「弥生」の月に入りました。旧暦3月を示す「弥生」は、「弥や生ひ茂る月」=「いよいよ草木が芽吹く月」の略だと言われています。
たしかに街中でも新たな芽吹きが感じられるようになりました。「春」という字が、暖かなお日様に誘われるように新しい芽が土の中からでてくる様子を表す字だったように、「弥生」の「生」という字も新たな草の芽が地面から出てくる様子からできた字です。
(生/金文3000年前)→ (生/篆文2200年前)
「生」の古代文字(金文)には地面から出てきた茎の途中に膨らみがあります。新たな芽が出てきたことを示しています。このふくらみが横に広がって、八百年後の篆文では一本の横線になり、現在の字に近くなっています。
(産/金文3000年前) (姓/甲骨3300年前)
漢字を生み出した古代中国の人々は、草や木の芽が新しく生えてくる様子を「生まれる」ことのおおもとの字の形としたのでした。ですから、赤ちゃんが生まれるという時の「産」という字の中にも「生」が入っています。昔々は女系の血縁集団を中心にして新しい命が受け継がれていったので、自分の苗字を表す「姓」という字も「女へんに生」と書きます。
(性/篆文2200年前)
また、毎年同じ季節に草木の芽が自然にでてくるように、人が心のうちに自然にそなえている性質のことを「忄(りっしんべん)に生」と書いて「性」という字で表します。

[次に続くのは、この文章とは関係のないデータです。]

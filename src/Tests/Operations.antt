-- ===== src/Tests/Operations.antt =====
-- The command line and the observability of the program on concrete input.
use ticket_genius.Prelude.{
  is_some, ◌*◌, ◌+◌, ◌≡◌, refl, true, false, not, ◌&&◌, none, some, List, [], ◌∷◌, any, length,
  ◌==◌, arith, if◌then◌else◌,
}
use ticket_genius.Prelude.Int.{pos, ◌+ℤ◌, ◌-ℤ◌}
use ticket_genius.Prelude.Text.{Text, codes, text_eq, text_eq_iff, mentions, starts_with}
use ticket_genius.Prelude.Dict.{Dict, lookup}
use ticket_genius.Python.Json.{null}
use ticket_genius.Redis.Memory.{memory}
use ticket_genius.Redis.Scan.{is_held}
use ticket_genius.Redis.Scanner.{keys_of}
use ticket_genius.Handlers.Sync.{is_fresh, stale_threshold}
use ticket_genius.Cli.Ended.{exit_code}
use ticket_genius.Cli.Keys.{printed_keys, purge_cache, purge_cache_lem}
use ticket_genius.Cli.Stale.{is_stale}
use ticket_genius.Cli.Stale.Laws.{is_stale-is_fresh}
use ticket_genius.Cli.Outbox.{OutboxRow, OutboxTable, replay_outbox, replay_outbox_lem}
use ticket_genius.Observability.Requests.{
  Context, header_name, before_request, after_request, teardown_request, correlation_id_returned,
}
use ticket_genius.Observability.Metrics.{
  Call, order_created, order_cancelled, order_refunded, record_calls, no_metrics, record_call,
}
use ticket_genius.Tests.Values.{plan}

-- KEYS of the server in memory, for a pattern that is a prefix.
keys_of-held :
    (prefix k : Text) (d : Dict Text)
    → mentions k (keys_of prefix d) ≡ (if starts_with prefix k then is_held (lookup k d) else false)
unfolding lookup
keys_of-held prefix k [] = ground arith
keys_of-held prefix k ((j, w) ∷ d) = ground (arith, keys_of-held prefix k d, text_eq_iff j k)

abbrev cached : Dict Text
cached = (codes "tm:1", codes "x") ∷ (codes "FF:a", codes "y") ∷ []

purge_cache_lem_example :
    let (ended, after) = purge_cache memory keys_of (some (codes "redis")) (codes "tm") cached in
    (exit_code ended ≡ 0)
    × (mentions (codes "tm:1") (printed_keys ended) ≡ true)
    × (lookup (codes "tm:1") after ≡ none)
unfolding starts_with lookup ticket_genius.Prelude.Text.text_eq
purge_cache_lem_example =
    purge_cache_lem memory keys_of starts_with keys_of-held (some (codes "redis")) (codes "tm")
      (codes "tm:1") cached

abbrev row : OutboxRow
row = record {
  id = codes "a";
  aggregate_id = codes "o";
  aggregate_type = codes "OrderCancelled";
  event_type = codes "OrderCancelled";
  payload = null;
  created_at = 5;
  processed_at = none;
  retry_count = 0;
}

-- Three rows, of which one is processed and one has another id.
abbrev rows : List OutboxRow
rows = row ∷ record row { processed_at = some 7 } ∷ record row { id = codes "b" } ∷ []

-- A table in the order of its rows, whose ids are compared for equality.
abbrev table : OutboxTable
table = record {
  from_on = λ t id. text_eq id t;
  by_created_at = λ rs. rs;
  any-by_created_at = λ p rs. refl;
  length-by_created_at = λ rs. refl;
}

replays : replay_outbox table (some (codes "a")) rows ≡ row ∷ []
unfolding replay_outbox text_eq
replays = refl

replay_outbox_lem_example :
    let replayed = replay_outbox table (some (codes "a")) rows in
    (any (λ r. is_some r.processed_at) replayed ≡ false)
    × (any (λ r. not (text_eq r.id (codes "a"))) replayed ≡ false)
    × (length replayed ≡ 1)
unfolding replay_outbox text_eq
replay_outbox_lem_example = replay_outbox_lem table (some (codes "a")) rows

abbrev before : Context
before = record { correlation_id_var = some (codes "old"); log = [] }

correlation_id_returned_example :
    let during = before_request (some (codes "given")) (codes "new") before in
    let (headers', after) = after_request [] during in
    (lookup header_name headers' ≡ some (codes "given"))
    × (after.log
        ≡ record { event = codes "request_completed"; correlation_id = some (codes "given") }
          ∷ during.log)
    × (after.correlation_id_var ≡ none)
    × ((teardown_request true after).log
        ≡ record { event = codes "request_failed"; correlation_id = none } ∷ after.log)
correlation_id_returned_example =
    correlation_id_returned (some (codes "given")) (codes "new") [] before
      (before_request (some (codes "given")) (codes "new") before) refl refl

abbrev calls : List Call
calls =
    order_created (codes "pending")
    ∷ order_created (codes "pending")
    ∷ order_cancelled
    ∷ order_refunded
    ∷ []

gauge_after_refund : (record_calls calls no_metrics).active_orders_gauge ≡ pos 1
unfolding record_call ◌+ℤ◌ ◌-ℤ◌
gauge_after_refund = refl

-- A plan that was synchronised just before the day that ends now.
is_stale-is_fresh_example : is_stale 90000000000 (pos 24) plan ≡ (
    not (is_fresh 90000000000 true (some plan))
    && not (90000000000 == plan.last_synced_at + stale_threshold))
is_stale-is_fresh_example = is_stale-is_fresh 90000000000 plan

「本性」とか「性格」と言います。
(世/金文3000年前)
木の枝に新しい芽が出てくることを表した字もあります。古い文字を見た方が分かりやすいのですが、「世の中」の「世」、「世代」というときの「世」です。古代文字は分かれた三本の木の枝に新しい芽が出てくる様子が短い横線で描かれています。今の字でも、横棒の上に突き出た三本の縦棒が三本の枝の名残りとしてあります。毎年新しい芽がでて、新しい枝になっていくので、「世代」というときの「世」になりました。
(葉/金文3000年前)
その新しい木の枝に芽が出て、「はっぱ」がでてくると「葉」という字になります。「葉」の中に「世」と「木」がありますね。「世」と「木」が重なると「葉」という字になり、「葉っぱ」のように薄くてひらひらするものを表します。それで、「ひらひらと飛ぶ虫」が「ちょうちょ」。「虫へん」を書いて「蝶」と書きます。さらに、「葉っぱ」のように軽くぺらぺらと話すことを、「口へん」をつけて「喋る」といいます。
(未/金文3000年前) (末/篆文2200年前)
さて、木の枝葉が茂って、枝の先がこれからさらにのびていこうとする字もあります。それが未来の「未」、まだまだこれから伸びていこうとしているのです。「未」は二つの横線の下の線が長い字。二本の横線の上側の横線が長い字を「末」といいます。木の上に丸い点をつけて「枝のすえ、末端はここだよ」と示している字です。
3月弥生は本当に自然の風景が一変します。木々に新しい息吹が吹き込まれ、気づかないうちにいろいろな草木が芽を出しています。本当に「春が来たな」と実感されます。古代中国の人々も自然の変化にいち早く気づき、様々な漢字を作ってくれました。